WINTER PARK – John Halligan knows a lot about bullying, but it isn’t from being a bully himself, or from having been the victim of one.
Instead, his torturous journey from grieving parent to advocate for anti-bullying laws happened in a very different way: as the father of a child who took his own life after years of bullying and harassment from fellow students.
Halligan lost his son Ryan to suicide at age 13 while the boy was a student at a middle school in Vermont. He had been ridiculed and humiliated by classmates until it pushed him over the edge.
Today, Halligan tours the country, speaking out about the dangers of bullying and, now through the Internet, Cyberbullying – a term he doesn’t even accept.
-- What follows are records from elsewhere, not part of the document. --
-- ===== src/Manager/Resize/Search.antt =====
-- The search of `mem_resize` goes on after a hit, and finds what the search of `mem_free` finds.
use assignment2_c.Prelude.{
  ℕ, suc, ◌+◌, ◌≡◌, ◌<◌, refl, Option, none, some, [], ◌∷◌, ◌++◌, arith, length, length-split,
  append_assoc, ◌==◌, if◌then◌else◌, Bool-cases, inl, inr, ==_of_ne, eq_of_==,
}
use assignment2_c.Manager.{Adress, BlockTable, Manager, ok, with_cells, holding}
use assignment2_c.Manager.Cells.{read-split}
use assignment2_c.Manager.Layout.{IsTiling}
use assignment2_c.Manager.Free.Search.{index_of}
use assignment2_c.Manager.Resize.{find_last}

unfoldable pub last_index : Adress → ℕ → BlockTable → Option ℕ → Option ℕ
last_index p k [] kept = kept
last_index p k (b ∷ bs) kept =
    last_index p (suc k) bs (if b.start_adress == p then some k else kept)

find_last-last_index :
    (s : Manager) (p : Adress) (post pre junk : BlockTable) (i : ℕ) (kept : Option ℕ)
    → length pre ≡ i
    → find_last (length post) i p kept (with_cells s (pre ++ (post ++ junk)))
      ≡ ok (last_index p i post kept) (with_cells s (pre ++ (post ++ junk)))
unfolding find_last last_index
find_last-last_index s p [] pre junk i kept e = refl
find_last-last_index s p (b ∷ post) pre junk i kept e =
    rw (← e, read-split s pre b (post ++ junk))
      (rw append_assoc at (
        find_last-last_index s p post (pre ++ b ∷ []) junk (suc (length pre))
          (if b.start_adress == p then some (length pre) else kept)
          (omega (arith, length-split pre b []))))

-- No block begins at an address in front of the tiling.
last_index-kept :
    (p k : ℕ) (xs : BlockTable) (kept : Option ℕ) (a end : Adress)
    → p < a
    → IsTiling a xs end
    → last_index p k xs kept ≡ kept
unfolding last_index
last_index-kept p k [] kept a end h t = refl
last_index-kept p k (b ∷ bs) kept a end h t =
    rw (==_of_ne b.start_adress p (omega arith))
      (last_index-kept p (suc k) bs kept (a + b.size) end (omega arith) t.2)

last_index-index_of :
    (p k : ℕ) (xs : BlockTable) (a end : Adress)
    → IsTiling a xs end
    → last_index p k xs none ≡ index_of p k xs
unfolding last_index index_of
last_index-index_of p k [] a end t = refl
last_index-index_of p k (b ∷ bs) a end t = elim (Bool-cases (b.start_adress == p)) [
  | inl e ↦
      let h = eq_of_== b.start_adress p e in
      rw e (last_index-kept p (suc k) bs (some k) (a + b.size) end (omega (arith, h, t.0, t.1)) t.2)
  | inr e ↦ rw e (last_index-index_of p (suc k) bs (a + b.size) end t.2)
]

-- The blocks begin at different addresses, so the last one at `p` is the first.
pub find_last-index_of :
    (s : Manager) (p : Adress) (xs junk : BlockTable) (a end : Adress)
    → IsTiling a xs end
    → find_last (length xs) 0 p none (holding s xs junk) ≡ ok (index_of p 0 xs) (holding s xs junk)
find_last-index_of s p xs junk a end t =
    rw (← last_index-index_of p 0 xs a end t)
      (find_last-last_index (holding s xs junk) p xs [] junk 0 none refl)
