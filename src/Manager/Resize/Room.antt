-- ===== src/Manager/Resize/Room.antt =====
-- What `mem_resize` computes as the size that is available, and that freeing the block makes room
-- for this size.
use assignment2_c.Prelude.{
  ℕ, suc, ◌+◌, ◌-◌, ◌^◌, ◌≡◌, ◌≤◌, ◌<◌, true, false, not, [], ◌∷◌, ◌++◌, arith, length,
  length-append, append_assoc, Bool-cases, last-cases, inl, inr, ◌&&◌, leb, ge→ltb,
}
use assignment2_c.Manager.{MemoryBlock, BlockTable, Manager, ok, table, holding, wrap, with_cells}
use assignment2_c.Manager.Cells.{read-split, read_next-split}
use assignment2_c.Manager.Layout.{IsValid, freed, coalesce}
use assignment2_c.Manager.Layout.FirstFit.{NoFit}
use assignment2_c.Manager.Layout.Tiling.{head_size, head_size-le, IsTiling-rest}
use assignment2_c.Manager.Layout.Room.{free_size, freed-fits, freed-fits_behind, freed-fits_joined}
use assignment2_c.Manager.Free.{previous_free, next_free}
use assignment2_c.Manager.Free.Merge.{next_free-split, previous_free-split}
use assignment2_c.Manager.Resize.{available_size, next_suffices}

-- The test for a free block behind, at the last block and at one with a block `c` behind it.
next_free-last :
    (s : Manager) (pre : BlockTable) (b : MemoryBlock) (junk : BlockTable) (n : ℕ)
    → length pre + 1 ≡ n
    → next_free (length pre) (table s n (pre ++ b ∷ junk)) ≡ ok false (table s n (pre ++ b ∷ junk))
unfolding next_free
next_free-last s pre b junk n count = rw (ge→ltb (length pre) (n - 1) (omega arith))

pub next_suffices-last :
    (s : Manager) (pre : BlockTable) (b : MemoryBlock) (junk : BlockTable) (n size : ℕ)
    → length pre + 1 ≡ n
    → next_suffices (length pre) size (table s n (pre ++ b ∷ junk))
      ≡ ok false (table s n (pre ++ b ∷ junk))
unfolding next_suffices
next_suffices-last s pre b junk n size count = rw (next_free-last s pre b junk n count)

-- The block `b` behind the free block `a`.
module _ (s : Manager) (pre : BlockTable) (a b : MemoryBlock) (n : ℕ) where
  after_a : length (pre ++ a ∷ []) ≡ suc (length pre)
  after_a = omega (arith, length-append pre (a ∷ []))

  available_behind-last :
      (junk : BlockTable)
      → length pre + 2 ≡ n
      → not a.is_used ≡ true
      → a.size + b.size < 2 ^ 64
      → available_size (suc (length pre)) (table s n (pre ++ (a ∷ b ∷ junk)))
        ≡ ok (a.size + b.size + 0) (table s n (pre ++ (a ∷ b ∷ junk)))
  unfolding available_size
  available_behind-last junk count free small =
      let m : suc (length pre) - 1 ≡ length pre = omega arith in
      let w : wrap (b.size + a.size) ≡ a.size + b.size + 0 = omega arith in
      rw (
        read_next-split (table s n []) pre a b junk,
        previous_free-split s pre a b [] junk n (omega arith) true free,
        m,
        read-split (table s n []) pre a (b ∷ junk),
        simp (append_assoc, after_a) at
            (next_free-last s (pre ++ a ∷ []) b junk n (omega (arith, after_a))),
        w,
      )

  module _ (c : MemoryBlock) (post junk : BlockTable) (count : length pre + length post + 3 ≡ n)
      (free : not a.is_used ≡ true) where
    available_behind-used :
        not c.is_used ≡ false
        → a.size + b.size < 2 ^ 64
        → available_size (suc (length pre)) (table s n (pre ++ (a ∷ b ∷ c ∷ post ++ junk)))
          ≡ ok (a.size + b.size + 0) (table s n (pre ++ (a ∷ b ∷ c ∷ post ++ junk)))
    unfolding available_size
    available_behind-used u small =
        let m : suc (length pre) - 1 ≡ length pre = omega arith in
        let w : wrap (b.size + a.size) ≡ a.size + b.size + 0 = omega arith in
        rw (
          read_next-split (table s n []) pre a b (c ∷ post ++ junk),
          previous_free-split s pre a b (c ∷ post) junk n (omega arith) true free,
          m,
          read-split (table s n []) pre a (b ∷ c ∷ post ++ junk),
          simp (append_assoc, after_a) at
              (next_free-split s (pre ++ a ∷ []) b c post junk n (omega (arith, after_a)) false u),
          w,
        )

    available_behind-free :
        not c.is_used ≡ true
        → a.size + b.size + c.size < 2 ^ 64
        → available_size (suc (length pre)) (table s n (pre ++ (a ∷ b ∷ c ∷ post ++ junk)))
          ≡ ok (a.size + b.size + c.size) (table s n (pre ++ (a ∷ b ∷ c ∷ post ++ junk)))
    unfolding available_size
    available_behind-free u small =
        let m : suc (length pre) - 1 ≡ length pre = omega arith in
        let w : wrap (wrap (b.size + a.size) + c.size) ≡ a.size + b.size + c.size = omega arith in
        rw (
          read_next-split (table s n []) pre a b (c ∷ post ++ junk),
          previous_free-split s pre a b (c ∷ post) junk n (omega arith) true free,
          m,
          read-split (table s n []) pre a (b ∷ c ∷ post ++ junk),
          simp (append_assoc, after_a) at
              (next_free-split s (pre ++ a ∷ []) b c post junk n (omega (arith, after_a)) true u),
          simp (append_assoc, after_a) at
              (read_next-split (table s n []) (pre ++ a ∷ []) b c (post ++ junk)),
          w,
        )

-- The three cases in one.
available_behind :
    (s : Manager) (pre : BlockTable) (a b : MemoryBlock) (post junk : BlockTable) (n : ℕ)
    → length pre + length post + 2 ≡ n
    → not a.is_used ≡ true
    → a.size + b.size + head_size post < 2 ^ 64
    → available_size (suc (length pre)) (table s n (pre ++ (a ∷ b ∷ post ++ junk)))
      ≡ ok (a.size + b.size + free_size post) (table s n (pre ++ (a ∷ b ∷ post ++ junk)))
available_behind s pre a b [] junk n count free small =
    available_behind-last s pre a b n junk (omega arith) free (omega arith)
available_behind s pre a b (c ∷ post) junk n count free small = elim (Bool-cases (not c.is_used)) [
  | inl u ↦ rw u (available_behind-free s pre a b n c post junk (omega arith) free u small)
  | inr u ↦ rw u (available_behind-used s pre a b n c post junk (omega arith) free u (omega arith))
]

-- In front there is no block, or one that is in use.
available_own :
    (s : Manager) (pre : BlockTable) (a b : MemoryBlock) (post junk : BlockTable) (n : ℕ)
    → length pre + length post + 2 ≡ n
    → not a.is_used ≡ false
    → available_size (suc (length pre)) (table s n (pre ++ (a ∷ b ∷ post ++ junk)))
      ≡ ok b.size (table s n (pre ++ (a ∷ b ∷ post ++ junk)))
unfolding available_size
available_own s pre a b post junk n count u = rw (
  read_next-split (table s n []) pre a b (post ++ junk),
  previous_free-split s pre a b post junk n count false u,
)

available_first :
    (s : Manager) (b : MemoryBlock) (junk : BlockTable)
    → available_size 0 (with_cells s (b ∷ junk)) ≡ ok b.size (with_cells s (b ∷ junk))
unfolding available_size previous_free
available_first s b junk = rw (read-split s [] b junk)

-- What the code computes, and that this many bytes can be allocated once the block is free.
pub record Available (s : Manager) (pre : BlockTable) (b : MemoryBlock) (post junk : BlockTable)
    : Type 0 where
  pub size : ℕ
  pub computed :
      available_size (length pre) (holding s (pre ++ b ∷ post) junk)
      ≡ ok size (holding s (pre ++ b ∷ post) junk)
  pub enough : (n : ℕ) → n ≤ size → ¬ NoFit n (coalesce (pre ++ freed b ∷ post))

available_after :
    (s : Manager) (pre : BlockTable) (a b : MemoryBlock) (post junk : BlockTable)
    → IsValid s (pre ++ a ∷ b ∷ post)
    → (w : ℕ) × (available_size (suc (length pre)) (holding s (pre ++ a ∷ b ∷ post) junk)
        ≡ ok w (holding s (pre ++ a ∷ b ∷ post) junk))
      × ((n : ℕ) → n ≤ w → ¬ NoFit n (coalesce (pre ++ a ∷ freed b ∷ post)))
available_after s pre a b post junk v =
    let (m, le, t) = IsTiling-rest pre (a ∷ b ∷ post) _ _ v.tiling in
    let n : ℕ = length (pre ++ a ∷ b ∷ post) in
    let count : length pre + length post + 2 ≡ n =
      omega (arith, length-append pre (a ∷ b ∷ post)) in
    elim (Bool-cases (not a.is_used)) [
      | inl u ↦ (
        a.size + b.size + free_size post,
        rw (append_assoc pre (a ∷ b ∷ post) junk) (
            available_behind s pre a b post junk n count u
              (omega (arith, v.in_range, le, t, head_size-le post _ _ t.2.2))),
        λ k h. freed-fits_joined k pre a b post v.merged u h,
      )
      | inr u ↦ (
        b.size,
        rw (append_assoc pre (a ∷ b ∷ post) junk) (available_own s pre a b post junk n count u),
        λ k h. freed-fits_behind k pre a b post v.merged (omega arith),
      )
    ]

pub available :
    (s : Manager) (pre : BlockTable) (b : MemoryBlock) (post junk : BlockTable)
    → IsValid s (pre ++ b ∷ post)
    → Available s pre b post junk
available s pre b post junk v = elim (last-cases pre) [
  | inl e ↦
      let v' : IsValid s (b ∷ post) = rw e at v in
      rw e (record {
        size = b.size;
        computed = available_first (holding s (b ∷ post) junk) b (post ++ junk);
        enough = λ n h. freed-fits n [] b post v'.merged (omega arith);
      })
  | inr (ys, a, e) ↦
      let v' : IsValid s (ys ++ a ∷ b ∷ post) =
        rw (append_assoc ys (a ∷ []) (b ∷ post)) at (rw e at v) in
      let (w, f, g) = available_after s ys a b post junk v' in
      let m : length (ys ++ a ∷ []) ≡ suc (length ys) = omega (arith, length-append ys (a ∷ [])) in
      rw e (record {
        size = w;
        computed = rw (append_assoc ys (a ∷ []) (b ∷ post), m) f;
        enough = λ n h. rw (append_assoc ys (a ∷ []) (freed b ∷ post)) (g n h);
      })
]

-- The test for room behind the block `b`, with `c` behind it.
pub next_suffices-split :
    (s : Manager) (pre : BlockTable) (b c : MemoryBlock) (post junk : BlockTable) (n size : ℕ)
    → length pre + length post + 2 ≡ n
    → b.size + c.size < 2 ^ 64
    → next_suffices (length pre) size (table s n (pre ++ (b ∷ c ∷ post ++ junk)))
      ≡ ok (not c.is_used && leb size (b.size + c.size)) (table s n (pre ++ (b ∷ c ∷ post ++ junk)))
unfolding next_suffices
next_suffices-split s pre b c post junk n size count small =
    let w : wrap (c.size + b.size) ≡ b.size + c.size = omega arith in
    elim (Bool-cases (not c.is_used)) [
      | inl u ↦
          rw (next_free-split s pre b c post junk n count true u, u)
            (rw (
              read_next-split (table s n []) pre b c (post ++ junk),
              read-split (table s n []) pre b (c ∷ post ++ junk),
              w,
            ))
      | inr u ↦ rw (next_free-split s pre b c post junk n count false u, u)
    ]
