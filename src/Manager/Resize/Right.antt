-- ===== src/Manager/Resize/Right.antt =====
-- What `mem_resize` does when the block grows over the free block behind it.
use assignment2_c.Prelude.{
  ℕ, suc, ◌+◌, ◌-◌, ◌^◌, ◌≡◌, ◌≤◌, ◌<◌, true, false, [], ◌∷◌, ◌++◌, arith, length, length-append,
  append_assoc, Bool-cases, inl, inr, if◌then◌else◌, ◌==◌, ==_of_ne, ==_of_eq, eq_of_==, ne_of_==,
}
use assignment2_c.Manager.{MemoryBlock, BlockTable, Manager, ok, table, holding, wrap, wrap_sub}
use assignment2_c.Manager.Cells.{
  read-split, read_next-split, write_size-split, write_size_next-split, write_start_next-split,
  last_of,
}
use assignment2_c.Manager.Free.Merge.{remove_block-split}
use assignment2_c.Manager.Free.Release.{unlocked}
use assignment2_c.Manager.Resize.{grow_right}

-- `b` takes `size` bytes of its own and those of `c`. What is left of `c` stays, if anything is.
abbrev pub grown : ℕ → MemoryBlock → MemoryBlock → BlockTable → BlockTable
grown size b c post =
    if b.size + c.size == size
    then record b { size = size } ∷ post
    else record b { size = size }
      ∷ record {
        start_adress = b.start_adress + size;
        size = b.size + c.size - size;
        is_used = c.is_used;
      }
      ∷ post

module _ (s : Manager) (pre : BlockTable) (b c : MemoryBlock) (post junk : BlockTable)
    (n p size : ℕ) (count : length pre + length post + 2 ≡ n) (less : b.size < size)
    (room : size ≤ b.size + c.size) (small : b.start_adress + b.size + c.size < 2 ^ 64) where
  abbrev left_over : MemoryBlock
  left_over = record {
    start_adress = b.start_adress + size;
    size = b.size + c.size - size;
    is_used = c.is_used;
  }

  grow_right-rest :
      b.size + c.size == size ≡ false
      → grow_right (length pre) p size (table s n (pre ++ (b ∷ c ∷ post ++ junk)))
        ≡ ok p (unlocked (table s n (pre ++ (record b { size = size } ∷ left_over ∷ post ++ junk))))
  unfolding grow_right
  grow_right-rest e =
      let w : wrap_sub (wrap (c.size + b.size)) size ≡ b.size + c.size - size = omega arith in
      let a : wrap (size + b.start_adress) ≡ b.start_adress + size = omega arith in
      rw (
        read_next-split (table s n []) pre b c (post ++ junk),
        read-split (table s n []) pre b (c ∷ post ++ junk),
        w,
        write_size_next-split (table s n []) pre b c (post ++ junk) (b.size + c.size - size),
        write_size-split (table s n []) pre b _ size,
        read-split (table s n []) pre (record b { size = size }) _,
        a,
        write_start_next-split (table s n []) pre (record b { size = size }) _ (post ++ junk) _,
        read_next-split (table s n []) pre (record b { size = size }) left_over (post ++ junk),
        ==_of_ne (b.size + c.size - size) 0 (λ z. ne_of_== _ _ e (omega (arith, z))),
      )

  grow_right-whole :
      b.size + c.size == size ≡ true
      → grow_right (length pre) p size (table s n (pre ++ (b ∷ c ∷ post ++ junk)))
        ≡ ok p (
            unlocked (
              table s
                (length pre + length post + 1)
                (pre ++ (record b { size = size } ∷ post ++ last_of left_over post ∷ junk))))
  unfolding grow_right
  grow_right-whole e =
      let d = record b { size = size } in
      let w : wrap_sub (wrap (c.size + b.size)) size ≡ b.size + c.size - size = omega arith in
      let a : wrap (size + b.start_adress) ≡ b.start_adress + size = omega arith in
      let after : length (pre ++ d ∷ []) ≡ suc (length pre) =
        omega (arith, length-append pre (d ∷ [])) in
      let k : length (pre ++ d ∷ []) + length post ≡ length pre + length post + 1 =
        omega (arith, after) in
      rw (
        read_next-split (table s n []) pre b c (post ++ junk),
        read-split (table s n []) pre b (c ∷ post ++ junk),
        w,
        write_size_next-split (table s n []) pre b c (post ++ junk) (b.size + c.size - size),
        write_size-split (table s n []) pre b _ size,
        read-split (table s n []) pre d _,
        a,
        write_start_next-split (table s n []) pre d _ (post ++ junk) _,
        read_next-split (table s n []) pre d left_over (post ++ junk),
        ==_of_eq (b.size + c.size - size) 0 (omega (arith, eq_of_== _ _ e)),
        simp append_assoc at (
            remove_block-split s (pre ++ d ∷ []) left_over post junk (suc (length pre)) n after
              (omega (arith, after))),
        k,
      )

  -- The live blocks afterwards.
  pub grow_right-grown :
      (junk' : BlockTable) × (grow_right
          (length pre)
          p
          size
          (table s n (pre ++ (b ∷ c ∷ post ++ junk)))
        ≡ ok p (unlocked (holding s (pre ++ grown size b c post) junk')))
  grow_right-grown = elim (Bool-cases (b.size + c.size == size)) [
    | inl e ↦ (
      last_of left_over post ∷ junk,
      rw e (
          let k : length (pre ++ record b { size = size } ∷ post) ≡ length pre + length post + 1 =
            omega (arith, length-append pre (record b { size = size } ∷ post)) in
          rw (k, append_assoc pre (record b { size = size } ∷ post) (last_of left_over post ∷ junk))
            (grow_right-whole e)),
    )
    | inr e ↦ (
      junk,
      rw e (
          let k : length (pre ++ record b { size = size } ∷ left_over ∷ post) ≡ n =
            omega (arith, length-append pre (record b { size = size } ∷ left_over ∷ post)) in
          rw (k, append_assoc pre (record b { size = size } ∷ left_over ∷ post) junk)
            (grow_right-rest e)),
    )
  ]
“I don’t like the term too much, because the media and everyone else is saying this is something new,” he said. “I don’t think this is new at all. It’s just called meanness.”
Halligan recently spoke about the loss of his son and the problem of bullying during a program at the St. Peter and Paul Church on Old Howell Branch Road in Winter Park. His visit was sponsored by the Holocaust Memorial Resource and Education Center, based in Maitland, which is hoping to put a spotlight on just how deadly bullying can become. The program was funded in part by the Community Development Funds of the Community Foundation of Central Florida, as part of the “Stand Up to Bullying” campaign.
Halligan said he knows all too well that what can start out as teasing can snowball into something far worse.
“As Ryan’s dad, I had totally underestimated the impact of emotional bullying,” he said. “When it happened, Ryan wanted me to teach him how to fight and defend himself. It turned out this wasn’t about throwing a punch, but throwing words.”
Halligan said classmates started picking on Ryan in the fifth grade, and his self-esteem began falling. Ryan’s parents responded by getting him to see a school counselor, but it didn’t help. The bullying continued, right into seventh grade. By then, Ryan was so miserable that he asked his parents to pull him out altogether and home school him instead.
He also refused to take part in any kind of school mediation program with the principal, insisting that would only make the situation worse.’
Halligan said in retrospect, he now realizes that his son was right. Bringing a bully and a victim together with the principal for a conflict resolution session doesn’t solve anything, he said.
“The bully is sitting there saying, ‘Hah, now I know what got to you,’ “ he said. “Bullying has nothing to do with conflict. What is bullying? It’s a repeated act intended to intimidate, humiliate or ridicule. The methods could be physical, emotional or relational. It exploits an imbalance of power that this person has figured out, and they’re going to take advantage of it.”
Although Ryan was sometimes bullied physically, the bulk of it was emotional abuse – made worse through the Internet and emails, he said. Someone at the school spread a rumor that Ryan was gay, and he started getting crude, homophobic emails – emails that he never told his parents about.
At the same time, Ryan developed a crush on a girl who began telling him how much she liked him, too. But it turned out to be a cruel hoax: the girl finally admitted it was all a big joke. Devastated, Ryan hung himself in the bathroom of his home.
“I blew it on this one,” Halligan said. “On the day my son died, the first thing we did was look for the suicide note. We tore the room apart, but we never did find the note. Then I thought maybe his computer gave us a clue.”
While searching through Ryan’s online accounts, “I learned all about the rumor that my son was gay,” Halligan said. “I unraveled why my son was on the computer so much that summer. He was trying to deal with this gay rumor.”
What he didn’t realize at the time, Halligan said, is that Ryan’s circle of friends had expanded dramatically in the age of the Internet, and not in a good way.
“In today’s world of parenting, the circle of friends you see at the kitchen table is not the same circle of friends you see in cyberspace,’ he said. “Parents, you’ve got to try to pay attention to this world.”
Halligan has tried to learn from this traumatic experience. He convinced state lawmakers in Vermont to pass a new anti-bullying law and is encouraging other states to do the same. His path to becoming an anti-bullying activist started when one local school held a special day urging students to respect one another.
“I was first asked to speak about this at a school in Vermont for Respect Day,” he said. “I reluctantly agreed, and as I hung up, I stressed out for two weeks.”
Finally, on the day he was scheduled to speak, “I got up on stage and told my son’s life story from start to finish. As I did, I sensed that kids were connecting to the story, either as a victim, as a bully, or as a bystander.”
School officials later asked Halligan if he had a speaking program for parents as well – something he hadn’t thought about before then. That’s when he began thinking about speaking to other parents about what they could do to stop their own children from becoming bullying victims – and how it’s not okay for anyone, students, parents or school officials alike, to be a bystander when someone else is being harassed.
“We’ve got to instill in our kids that it’s not okay to be a bystander,” he said. “Let’s not blame it on the kids. This is a problem that goes around all of us. This problem is now epidemic.”